FORT WORTH, Texas—It’s no secret that technology has led to advancements in the Permian Basin.

Average drilling days dropped by 27% to 19 in 2016, compared to 2010. Lateral lengths nearly doubled to 7,178 ft per well as the amount of proppant skyrocketed by 932% to 11.46 million pounds per well, David Adams, senior vice president for completions and production for Halliburton Co. (NYSE: HAL), said during Hart Energy’s recently held DUG Permian Basin conference.

“In this same time frame we saw shale oil production go from 150,000 barrels per day to nearly 2 million barrels per day,” Adams said, adding the change was the result of more efficient drilling rigs, multiwell pads and better well and fracture placement and other technologies.

Most would agree that the industry has done a fantastic job at lowering costs and finding better ways to become more efficient, Adams said; however, there is still room for improvement in recovery rates and optimizing production.

As U.S. shale drillers increase activity amid improving market conditions, focus is expected to remain on technology to drive further efficiency gains and lower costs. But the next chapter in the Permian Basin shale story could see more attention on data and services integration, analytics and automation, and technologies aimed at increasing recovery rates. Such technologies may be the key to growing revenue for shale operators as the price for a barrel of oil remains relatively flat.

Adams highlighted some of technology trends aimed at lowering the cost per barrel of oil equivalent and increasing recovery. Among these is the digitization of the oil field with big data. The challenge for the industry in this area is that “we are very data rich, but insight poor,” Adams said.

Data can be gathered by applying sensors to LWD and open-hole logging tools, for example, as well as tied to surface equipment for reservoir modeling, while real-time platforms allow operators to connect, collect and view data as operations are being carried out.  The industry is now putting cloud computing to use to create a common repository for data, he explained, before adding big data analytics gives companies computing power to analyze data. This “enables us to create complex algorithms to find commonalities in the data that help us find solutions.”

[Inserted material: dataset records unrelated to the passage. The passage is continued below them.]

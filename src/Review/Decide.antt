-- ===== src/Review/Decide.antt =====
-- decide_task of mastering/service.py. `by` is the principal's
-- subject.
use recordlane.Base.{
  ℕ, String, Bool, true, false, not, ◌&&◌, Option, none, some, List, [], ◌∷◌, ◌++◌, ◌==◌, leb,
  opt_eq, if◌then◌else◌, str_eq, any,
}
use recordlane.Http.{Result, ok, err, ◌>>=◌, required}
use recordlane.Policy.{Library, Floats}
use recordlane.Mastering.{approved}
use recordlane.Mastering.Objects.{is_cannot_link, keep_apart}
use recordlane.Mastering.Resolve.{find_entity}
use recordlane.Review.{
  TaskDecision, approve, reject, keep_separate, link, TaskStatus, task_stale, task_approved,
  task_rejected, TaskKind, duplicate_match, master_approval, merge_approval, split_approval,
  downstream_repair, MatchPayload, ReviewTask, draft_master, approved_master, MasterVersion,
  RecordCannotLink, master_was_approved, Store, change_where, find_first,
}
use recordlane.Review.Draft.{is_task_open}
use recordlane.Review.Merge.{apply_merge, apply_split, link_match, add_event}

-- ALLOWED_TASK_DECISIONS; a kind that is not in the table allows none.
unfoldable pub is_allowed_decision : TaskKind → TaskDecision → Bool
is_allowed_decision (duplicate_match _) approve = false
is_allowed_decision (duplicate_match _) _ = true
is_allowed_decision (downstream_repair _ _) _ = false
is_allowed_decision _ approve = true
is_allowed_decision _ reject = true
is_allowed_decision _ _ = false

abbrev pub find_task : ℕ → List ReviewTask → Option ReviewTask
find_task id tasks = find_first (λ t. t.id == id) tasks

abbrev pub change_task : {F : Type 0} → ℕ → (ReviewTask → ReviewTask) → Store F → Store F
change_task id f store = record store { tasks = change_where (λ t. t.id == id) f store.tasks }

abbrev pub set_status : TaskStatus → ReviewTask → ReviewTask
set_status status t = record t { status = status }

-- A row of cannot_links that names the pair.
abbrev pub has_record_pair : ℕ → ℕ → List RecordCannotLink → Bool
has_record_pair a b rows = any (λ r. r.left_record_id == a && r.right_record_id == b) rows

abbrev pub is_draft : ℕ → ℕ → MasterVersion → Bool
is_draft entity_id version m =
    m.entity_id == entity_id
    && m.version == version
    && elim m.status [ draft_master ↦ true | _ ↦ false ]

module _ {F : Type 0} (by : String) where
  -- The constraint that keeps two objects apart; a second one for the pair violates a constraint.
  unfoldable pub separate_objects : ℕ → ℕ → String → Store F → Result (Store F)
  separate_objects left right reason store =
      if is_cannot_link store.cannot_links left right
      then err 500 "IntegrityError"
      else ok (record store { cannot_links = keep_apart reason by left right store.cannot_links })

  unfoldable pub separate_records : ℕ → ℕ → String → Store F → Result (Store F)
  separate_records left right reason store =
      let a = if leb left right then left else right in
      let b = if leb left right then right else left in
      if has_record_pair a b store.record_cannot_links
      then err 500 "IntegrityError"
      else ok (record store {
        record_cannot_links =
            store.record_cannot_links
            ++ record { left_record_id = a; right_record_id = b; reason = reason; created_by = by }
              ∷ [];
      })

  -- A match that is kept separate, by its objects if the task names both.
  unfoldable pub separate : MatchPayload → String → Store F → Result (Store F)
  unfolding separate_objects separate_records
  separate payload reason store = elim payload.left_source_object_id [
    | none ↦ separate_records payload.left_record_id payload.right_record_id reason store
    | some l ↦ elim payload.right_source_object_id [
      | none ↦ separate_records payload.left_record_id payload.right_record_id reason store
      | some r ↦ separate_objects l r reason store
    ]
  ]

  -- The approval of a draft: the version, its entity and the event.
  unfoldable pub approve_master : Option ℕ → ℕ → String → Store F → Result (Store F)
  approve_master entity_id version reason store = do
    id ← required entity_id 409 "draft_unavailable"
    found ← required (find_first (is_draft id version) store.masters) 409 "draft_unavailable"
    entity ← required (find_entity id store.entities) 500 "AttributeError"
    ok (
        add_event id found.version (master_was_approved found.values) reason (record store {
          masters =
              change_where (λ m. m.id == found.id)
                (λ m. record m {
                  status = approved_master;
                  approved_by = some by;
                  reason = some reason;
                })
                store.masters;
          entities =
              change_where (λ e. e.id == entity.id) (λ e. record e { status = approved })
                store.entities;
        }))

-- `task.status = "approved" if decision in {"approve", "link"} else "rejected"`
abbrev pub status_after : TaskDecision → TaskStatus
status_after approve = task_approved
status_after link = task_approved
status_after _ = task_rejected

abbrev pub action_of : TaskDecision → String
action_of approve = "review.approve"
action_of reject = "review.reject"
action_of keep_separate = "review.keep_separate"
action_of link = "review.link"

-- `task.bound_entity_version != entity.version`, if the task has an entity that is there
unfoldable pub is_outdated : {F : Type 0} → ReviewTask → Store F → Bool
is_outdated task store = elim task.entity_id [
  | none ↦ false
  | some id ↦ elim (find_entity id store.entities) [
    | none ↦ false
    | some e ↦ not (opt_eq task.bound_entity_version (some e.version))
  ]
]

-- The task as decided.
abbrev pub decided_task : TaskDecision → String → String → ReviewTask → ReviewTask
decided_task decision reason by t = record t {
  status = status_after decision;
  decision_reason = some reason;
  decided_by = some by;
}

-- The decided task and the audit row.
abbrev pub finish_task : {F : Type 0} → ℕ → TaskDecision → String → String → Store F → Store F
finish_task task_id decision reason by store =
    let done = change_task task_id (decided_task decision reason by) store in
    record done { audit = done.audit ++ (action_of decision, task_id) ∷ [] }

module _ (lib : Library) (fl : Floats) (now : ℕ) (by : String) (stable_key : String) where
  open fl use {Float}

  -- What a decision does, by the kind of the task.
  unfoldable pub effect : ReviewTask → TaskDecision → String → Store Float → Result (Store Float)
  unfolding separate approve_master apply_merge apply_split link_match
  effect task decision reason store = elim task.kind [
    | duplicate_match payload ↦ elim decision [
      | link ↦ link_match lib fl now by task.entity_id payload store
      | approve ↦ ok store
      | _ ↦ separate by payload reason store
    ]
    | master_approval version ↦ elim decision [
      | approve ↦ approve_master by task.entity_id version reason store
      | _ ↦ ok store
    ]
    | merge_approval primary merged bound ↦ elim decision [
      | approve ↦ apply_merge now by primary merged bound reason store
      | _ ↦ ok store
    ]
    | split_approval record_ids object_ids ↦ elim decision [
      | approve ↦ apply_split now by stable_key task.entity_id record_ids object_ids reason store
      | _ ↦ ok store
    ]
    | downstream_repair _ _ ↦ ok store
  ]

  -- The tables as committed, and the answer. Only a stale task is committed with an error.
  unfoldable pub decide_task :
      ℕ → TaskDecision → String → Store Float → Store Float × Result (Unit {0})
  unfolding effect is_outdated
  decide_task task_id decision reason store = elim (find_task task_id store.tasks) [
    | none ↦ (store, err 404 "task_not_found")
    | some task ↦
        if not (is_task_open task.status)
        then (store, err 409 "task_not_open")
        else if not (is_allowed_decision task.kind decision)
        then (store, err 409 "invalid_task_decision")
        else if is_outdated task store
        then (change_task task_id (set_status task_stale) store, err 409 "stale_approval")
        else if task.sensitive && str_eq task.proposed_by by
        then (store, err 403 "separation_of_duties")
        else elim (effect task decision reason store) [
          | err status code ↦ (store, err status code)
          | ok store' ↦ (finish_task task_id decision reason by store', ok tt)
        ]
  ]
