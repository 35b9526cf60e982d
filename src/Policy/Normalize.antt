-- ===== src/Policy/Normalize.antt =====
-- _text and CompiledPolicy.normalize of policy.py.
use recordlane.Base.{
  keys, ap, String, ◌≡◌, refl, Bool, true, false, Option, none, some, List, [], ◌∷◌, arith, str_eq,
  if◌then◌else◌, Dict, lookup, str_eq_iff,
}
use recordlane.Json.{Value, Elements, str, null, list, no_elements, element}
use recordlane.Policy.{
  Library, Kind, string, reference, decimal, Normalizer, preserve, uppercase_trim, unicode_casefold,
  Attribute,
}

-- `{item["key"]: item for item in attributes}.get(key)`: the last attribute of a key counts.
abbrev pub attribute_of : String → List Attribute → Option Attribute
attribute_of key [] = none
attribute_of key (a ∷ rest) = elim (attribute_of key rest) [
  | some b ↦ some b
  | none ↦ if str_eq a.key key then some a else none
]

module _ (lib : Library) where
  unfoldable pub text : String → Normalizer → String
  text value mode =
      let cleaned = lib.collapse (lib.strip (lib.nfkc value)) in
      elim mode [
        | preserve ↦ cleaned
        | uppercase_trim ↦ lib.upper cleaned
        | unicode_casefold ↦ lib.casefold cleaned
      ]

  unfoldable pub text_elements : Normalizer → Elements → Elements
  unfolding text
  text_elements mode no_elements = no_elements
  text_elements mode (element (str s) rest) = element (str (text s mode)) (text_elements mode rest)
  text_elements mode (element v rest) = element v (text_elements mode rest)

-- `attribute.get("type", "string")`
abbrev pub kind_of : Attribute → Kind
kind_of a = elim a.type [ none ↦ string | some k ↦ k ]

abbrev is_text : Kind → Bool
is_text string = true
is_text reference = true
is_text _ = false

abbrev pub is_decimal : Kind → Bool
is_decimal decimal = true
is_decimal _ = false

-- The normalizer of a text, and of a list of texts.
abbrev pub text_mode : Attribute → Normalizer
text_mode a = elim a.normalizer [
  | some n ↦ n
  | none ↦ if is_text (kind_of a) then unicode_casefold else preserve
]

abbrev pub list_mode : Attribute → Normalizer
list_mode a = elim a.normalizer [ some n ↦ n | none ↦ unicode_casefold ]

module _ (lib : Library) where
  abbrev normalize_plain : Attribute → Value → Value
  unfolding text text_elements
  normalize_plain a (str s) = str (text lib s (text_mode a))
  normalize_plain a (list xs) = list (text_elements lib (list_mode a) xs)
  normalize_plain a v = v

  abbrev normalize_decimal : Value → Value
  normalize_decimal v = elim (lib.decimal (lib.to_text v)) [ none ↦ v | some s ↦ str s ]

  -- One value, under its attribute if the policy has one for its key.
  unfoldable pub normalize_value : Option Attribute → Value → Value
  unfolding text text_elements
  normalize_value o null = null
  normalize_value none v = v
  normalize_value (some a) v =
      if is_decimal (kind_of a) then normalize_decimal v else normalize_plain a v

  unfoldable pub normalize : List Attribute → Dict Value → Dict Value
  unfolding normalize_value
  normalize attributes [] = []
  normalize attributes (entry ∷ rest) =
      (entry.0, normalize_value (attribute_of entry.0 attributes) entry.1)
      ∷ normalize attributes rest

  lookup-normalize :
      (attributes : List Attribute) (key : String) (values : Dict Value)
      → lookup key (normalize attributes values) ≡ elim (lookup key values) [
        | none ↦ none
        | some v ↦ some (normalize_value (attribute_of key attributes) v)
      ]
  unfolding normalize
  lookup-normalize attributes key [] = refl
  lookup-normalize attributes key (entry ∷ rest) =
      ground (arith, lookup-normalize attributes key rest, str_eq_iff entry.0 key)

  keys-normalize :
      (attributes : List Attribute) (values : Dict Value)
      → keys (normalize attributes values) ≡ keys values
  unfolding normalize
  keys-normalize attributes [] = refl
  keys-normalize attributes (entry ∷ rest) =
      ap (λ ks. entry.0 ∷ ks) (keys-normalize attributes rest)

  -- normalize keeps the keys in their order and treats each value by itself: a lookup of the result
  -- is the lookup of the original, normalized under the attribute of its key; a missing key stays
  -- missing and a null stays a null.
  pub normalize_pointwise :
      (attributes : List Attribute) (key : String) (values : Dict Value)
      → (keys (normalize attributes values) ≡ keys values)
        × (lookup key (normalize attributes values) ≡ elim (lookup key values) [
          | none ↦ none
          | some v ↦ some (normalize_value (attribute_of key attributes) v)
        ])
        × (lookup key values ≡ some null → lookup key (normalize attributes values) ≡ some null)
  unfolding normalize_value
  normalize_pointwise attributes key values = (
    keys-normalize attributes values,
    lookup-normalize attributes key values,
    λ e. rw (lookup-normalize attributes key values, e) refl,
  )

Halliburton has put sensors on its hydraulic fracturing fleet, a move that has helped the company gain knowledge on the equipment’s workload and the timing of needed maintenance. As a result, the oilfield service company was able to compare the data to historical data and create predictive algorithms to better understand equipment maintenance needs.

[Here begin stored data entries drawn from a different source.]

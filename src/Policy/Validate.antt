-- ===== src/Policy/Validate.antt =====
-- CompiledPolicy.validate of policy.py: the errors of a record's values, attribute by attribute.
use Prim.Native.String.{count}
use recordlane.Base.{
  inl, inr, String, ◌≡◌, sym, refl, Bool, true, false, not, ◌&&◌, ◌↔◌, Option, none, some, List, [],
  ◌∷◌, ◌++◌, arith, ltb, if◌then◌else◌, Dict, lookup, str_eq, any, Option-cases, Every,
}
use recordlane.Json.{Value, str, int, bool, null, value_eq}
use recordlane.Policy.{
  Library, Kind, string, reference, integer, boolean, identifier, enum, Attribute,
}
use recordlane.Policy.Normalize.{kind_of}

pub data Code : Type 0 where
  is_required not_allowed bad_pattern bad_type : Code

-- The message is the code's text after `name`; for a type error, with the kind.
pub record ValidationError : Type 0 where
  pub attribute : String
  pub code : Code
  pub name : String
  pub expected_kind : Option Kind

-- PolicyError, or the re.error of a pattern that does not compile.
pub data Validated : Type 0 where
  errors : List ValidationError → Validated
  pattern_too_long : String → Validated
  pattern_invalid : Validated

-- `key not in values or value is None or value == ""`
abbrev pub is_missing : Option Value → Bool
is_missing none = true
is_missing (some null) = true
is_missing (some (str s)) = str_eq s ""
is_missing (some _) = false

-- `values.get(key) is not None`
abbrev pub present : Option Value → Option Value
present none = none
present (some null) = none
present (some v) = some v

-- isinstance(value, expected); a bool is an int.
abbrev pub has_type : Kind → Value → Bool
has_type string (str _) = true
has_type string _ = false
has_type reference (str _) = true
has_type reference _ = false
has_type identifier (str _) = true
has_type identifier _ = false
has_type enum (str _) = true
has_type enum _ = false
has_type integer (int _) = true
has_type integer (bool _) = true
has_type integer _ = false
has_type boolean (bool _) = true
has_type boolean _ = false
has_type _ _ = true

-- The errors of two checks, or the exception of the first that raises one.
abbrev pub and_then : Validated → Validated → Validated
and_then (errors es) (errors fs) = errors (es ++ fs)
and_then (errors es) r = r
and_then r _ = r

module _ (lib : Library) where
  -- `not isinstance(value, str) or not re.fullmatch(pattern, value)`, where there is a value.
  abbrev mismatches : String → Option Value → Option Bool
  mismatches pattern none = some false
  mismatches pattern (some (str s)) = elim (lib.fullmatch pattern s) [
    | none ↦ none
    | some b ↦ some (not b)
  ]
  mismatches pattern (some _) = some true

  abbrev error_of : Attribute → Code → ValidationError
  error_of a code = record { attribute = a.key; code = code; name = a.name; expected_kind = none }

  abbrev allowed_errors : Attribute → Option Value → List ValidationError
  allowed_errors a none = []
  allowed_errors a (some v) = elim a.allowed_values [
    | none ↦ []
    | some allowed ↦ if any (λ w. value_eq v w) allowed then [] else error_of a not_allowed ∷ []
  ]

  abbrev type_errors : Attribute → Option Value → List ValidationError
  type_errors a none = []
  type_errors a (some v) =
      if has_type (kind_of a) v
      then []
      else record {
        attribute = a.key;
        code = bad_type;
        name = a.name;
        expected_kind = some (kind_of a);
      }
        ∷ []

  -- `attribute.get("pattern")` if it is neither missing nor empty
  abbrev pattern_of : Attribute → Option String
  pattern_of a = elim a.pattern [ none ↦ none | some p ↦ if str_eq p "" then none else some p ]

  abbrev with_pattern : Attribute → Option Value → Validated
  with_pattern a v = elim (pattern_of a) [
    | none ↦ errors (allowed_errors a v ++ type_errors a v)
    | some p ↦ if ltb 256 (count p) then pattern_too_long a.key else elim (mismatches p v) [
      | none ↦ pattern_invalid
      | some false ↦ errors (allowed_errors a v ++ type_errors a v)
      | some true ↦ errors (allowed_errors a v ++ (error_of a bad_pattern ∷ type_errors a v))
    ]
  ]

  unfoldable pub validate_attribute : Attribute → Dict Value → Validated
  validate_attribute a values =
      let value = lookup a.key values in
      if a.required && is_missing value
      then errors (error_of a is_required ∷ [])
      else with_pattern a (present value)

  unfoldable pub validate : List Attribute → Dict Value → Validated
  unfolding validate_attribute
  validate [] values = errors []
  validate (a ∷ rest) values = and_then (validate_attribute a values) (validate rest values)

abbrev pub is_str : Value → Bool
is_str (str _) = true
is_str _ = false

-- What an attribute asks of a record's values, without reference to the order of the checks.
pub record Accepts (lib : Library) (a : Attribute) (values : Dict Value) : Type 0 where
  pub required_present : a.required ≡ true → is_missing (lookup a.key values) ≡ false
  pub is_allowed :
      (v : Value) (allowed : List Value)
      → present (lookup a.key values) ≡ some v
      → a.allowed_values ≡ some allowed
      → any (λ w. value_eq v w) allowed ≡ true
  pub well_typed :
      (v : Value) → present (lookup a.key values) ≡ some v → has_type (kind_of a) v ≡ true
  pub matches :
      (p s : String)
      → pattern_of lib a ≡ some p
      → present (lookup a.key values) ≡ some (str s)
      → lib.fullmatch p s ≡ some true
  pub pattern_on_text :
      (p : String) (v : Value)
      → pattern_of lib a ≡ some p
      → present (lookup a.key values) ≡ some v
      → is_str v ≡ true
  pub pattern_short : (p : String) → pattern_of lib a ≡ some p → ltb 256 (count p) ≡ false

module _ (lib : Library) where
  validate_attribute-Accepts :
      (a : Attribute) (values : Dict Value)
      → validate_attribute lib a values ≡ errors []
      → Accepts lib a values
  unfolding validate_attribute
  validate_attribute-Accepts a values h = record {
    required_present = λ r. ground arith;
    is_allowed = λ v allowed p q. ground arith;
    well_typed = λ v p. ground arith;
    matches = λ p s q r. ground arith;
    pattern_on_text = λ p v q r. ground arith;
    pattern_short = λ p q. ground arith;
  }

  no_mismatch :
      (p : String) (o : Option Value)
      → ((s : String) → o ≡ some (str s) → lib.fullmatch p s ≡ some true)
      → ((v : Value) → o ≡ some v → is_str v ≡ true)
      → mismatches lib p o ≡ some false
  no_mismatch p none h k = refl
  no_mismatch p (some (str s)) h k = rw (h s refl, mismatches)
  no_mismatch p (some v) h k = absurd (cc (k v refl))

  module _ (a : Attribute) (values : Dict Value) (acc : Accepts lib a values) where
    accepted_value :
        (v : Value)
        → present (lookup a.key values) ≡ some v
        → (allowed_errors lib a (some v) ≡ []) × (type_errors lib a (some v) ≡ [])
    accepted_value v p = elim (Option-cases a.allowed_values) [
      | inl e ↦ (ground arith, ground (arith, acc.well_typed v p))
      | inr (allowed, e) ↦
          (ground (arith, acc.is_allowed v allowed p e), ground (arith, acc.well_typed v p))
    ]

    accepted_pattern :
        (p : String)
        → pattern_of lib a ≡ some p
        → mismatches lib p (present (lookup a.key values)) ≡ some false
    accepted_pattern p q =
        no_mismatch p (present (lookup a.key values)) (λ s r. acc.matches p s q r)
          (λ v r. acc.pattern_on_text p v q r)

    accepted_with_pattern :
        (o : Option Value) → o ≡ present (lookup a.key values) → with_pattern lib a o ≡ errors []
    accepted_with_pattern none e = elim (Option-cases (pattern_of lib a)) [
      | inl q ↦ ground arith
      | inr (p, q) ↦ ground (arith, acc.pattern_short p q)
    ]
    accepted_with_pattern (some v) e =
        let clean = accepted_value v (sym e) in
        elim (Option-cases (pattern_of lib a)) [
          | inl q ↦ ground (arith, clean)
          | inr (p, q) ↦ ground (arith, clean, acc.pattern_short p q, accepted_pattern p q)
        ]

    Accepts-validate_attribute : validate_attribute lib a values ≡ errors []
    unfolding validate_attribute
    Accepts-validate_attribute =
        ground
          (arith, acc.required_present, accepted_with_pattern (present (lookup a.key values)) refl)

  and_then-errors : (r s : Validated) → and_then r s ≡ errors [] → (r ≡ errors []) × (s ≡ errors [])
  and_then-errors (errors []) (errors m) h = (refl, h)
  and_then-errors (errors []) (pattern_too_long k) h = absurd (cc)
  and_then-errors (errors []) pattern_invalid h = absurd (cc)
  and_then-errors (errors (x ∷ l)) (errors m) h = absurd (cc)
  and_then-errors (errors (x ∷ l)) (pattern_too_long k) h = absurd (cc)
  and_then-errors (errors (x ∷ l)) pattern_invalid h = absurd (cc)
  and_then-errors (pattern_too_long k) s h = absurd (cc)
  and_then-errors pattern_invalid s h = absurd (cc)

  -- validate finds no error exactly when every attribute's requirements hold of the values:
  -- required values are there, values with allowed values are one of them, values have the type of
  -- the attribute, and a value under a pattern is a text that the pattern, of at most 256
  -- characters, matches.
  pub validate_exact :
      (attributes : List Attribute) (values : Dict Value)
      → (validate lib attributes values ≡ errors []) ↔ Every (λ a. Accepts lib a values) attributes
  unfolding validate
  validate_exact [] values = (λ h. tt, λ h. refl)
  validate_exact (a ∷ rest) values = (
    λ h.
        let parts =
          and_then-errors (validate_attribute lib a values) (validate lib rest values) h in
        (validate_attribute-Accepts a values parts.0, (validate_exact rest values).0 parts.1),
    λ h. rw (Accepts-validate_attribute a values h.0, (validate_exact rest values).1 h.1),
  )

“Historically we were maintaining equipment on a time-based effort,” Adams said. “Now we are doing it truly on the condition and the ware of each piece of equipment, which is significantly reducing maintenance costs. But more importantly for the operator it’s helping to drive reliability in our fleet.”

Halliburton has also embarked upon another project, which is still in the proof of concept phase, involving digitizing production across an entire asset with sensors that will provide data such as temperature, pressure and flow rates. The project also aims to collect information on how equipment is performing, while also keeping an eye out for emissions levels and any spills. All of the information is transferred to the cloud, where it can be remotely viewed and assessed.

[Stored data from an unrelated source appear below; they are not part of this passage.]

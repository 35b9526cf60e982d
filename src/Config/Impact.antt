-- ===== src/Config/Impact.antt =====
-- The part of _simulate_policy that can raise: the validation of the current records of a domain and
-- the master values of its entities, under its policy and under the proposed one. The changes that
-- it lists are not modelled, and neither is the comparison of the records, which raises nothing here.
use recordlane.Base.{
  String, Bool, true, false, not, ◌&&◌, ◌||◌, none, some, List, [], ◌∷◌, ◌==◌, str_eq, select,
}
use recordlane.Http.{Result, ok, ◌>>◌, ◌>>=◌, raise_if, required}
use recordlane.Policy.{Library, CompiledPolicy}
use recordlane.Policy.Validate.{errors, validate}
use recordlane.Mastering.{SourceObject, SourceRecord, Entity, merged}
use recordlane.Mastering.Survivor.{master_values}
use recordlane.Review.{Store, Domain, find_first}
use recordlane.Config.Drafts.{find_domain}

abbrev pub is_simulated_object : String → SourceObject → Bool
is_simulated_object key o = str_eq o.domain_key key && not o.retired

abbrev pub is_simulated_entity : String → Entity → Bool
is_simulated_entity key e = str_eq e.domain_key key && elim e.status [ merged ↦ false | _ ↦ true ]

module _ {F : Type 0} (lib : Library) where
  -- `policy.validate(record.original)` raises.
  unfoldable pub validation_raises : CompiledPolicy F → SourceRecord → Bool
  unfolding validate
  validation_raises policy r = elim (validate lib policy.attributes r.original) [
    | errors _ ↦ false
    | _ ↦ true
  ]

  -- An object with its current record, under both policies.
  unfoldable pub object_raises :
      CompiledPolicy F → CompiledPolicy F → List SourceRecord → SourceObject → Bool
  unfolding validation_raises
  object_raises current proposed records o = elim o.current_record_id [
    | none ↦ false
    | some id ↦ elim (find_first (λ r. r.id == id) records) [
      | none ↦ true
      | some r ↦ validation_raises current r || validation_raises proposed r
    ]
  ]

  unfoldable pub objects_raise :
      CompiledPolicy F → CompiledPolicy F → List SourceRecord → List SourceObject → Bool
  unfolding object_raises
  objects_raise current proposed records [] = false
  objects_raise current proposed records (o ∷ rest) =
      object_raises current proposed records o || objects_raise current proposed records rest

  -- `self._master_values(entity, policy)` raises.
  unfoldable pub master_raises : Store F → CompiledPolicy F → Entity → Bool
  unfolding master_values
  master_raises store policy e =
      elim (master_values policy.survivorship policy.version policy.checksum store.sources
        store.records store.objects e.id) [ none ↦ true | some _ ↦ false ]

  unfoldable pub entities_raise : Store F → CompiledPolicy F → CompiledPolicy F → List Entity → Bool
  unfolding master_raises
  entities_raise store current proposed [] = false
  entities_raise store current proposed (e ∷ rest) =
      master_raises store current e
      || master_raises store proposed e
      || entities_raise store current proposed rest

  -- _simulate_policy raises.
  unfoldable pub impact_raises : Store F → Domain F → CompiledPolicy F → Bool
  unfolding objects_raise entities_raise
  impact_raises store d proposed =
      objects_raise d.definition proposed store.records
        (select (is_simulated_object d.key) store.objects)
      || entities_raise store d.definition proposed
          (select (is_simulated_entity d.key) store.entities)

  -- The loop of simulate over the policies of the configuration.
  unfoldable pub simulate_all : Store F → List (String × CompiledPolicy F) → Result (Unit {0})
  unfolding impact_raises
  simulate_all store [] = ok tt
  simulate_all store ((key, p) ∷ rest) =
      required (find_domain key store.domains) 409 "configuration_domain_missing" >>= λ d.
      (raise_if (impact_raises store d p) 500 "Exception" >> simulate_all store rest)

“The operator will no longer have to depend in the very near future on having people work around each of their well sites to look at production, to look at how each of their wells is performing,” Adams said. “It will all be done in real time. Similarly, it will all be optimized.”

The technology gives insight needed to help determine which assets are in most need of personnel and when.

Other technology areas include:

  • Far-field and near-wellbore diverters, which aims to boost stimulated reservoir volume by improving fracture placement, increasing fracture conductivity and creating more complex fractures. The latter is accomplished with far-field diverters. “All of this is for not if we don’t effectively place the right proppant and microproppant into these fractures to ensure that we sustain conductivity for the life of the well;” and
  • Integrated Sensor Diagnostics, which replaces the typical trial and error approach by using information gathered from downhole sensors. Such information helps with better well spacing, well placement, fracture spacing and completion design, Adams said. “With this we can now do sensitivity analysis with our reservoir models,” so adjustments can be made. One operator took this approach by using fiber optics and microseismic to monitor stimulations. The result led to a switch from 1,000-ft spacing to 600-ft spacing. The operator would’ve otherwise bypassed 40% of its reserves, according to Adams.

“If we leverage the technologies that help us maximize recovery, maximize production and reduce maintenance costs, I am confident that we will see a step change in unconventional economics that will provide a commercial avenue for us all to be successful at flat oil prices going forward,” Adams said.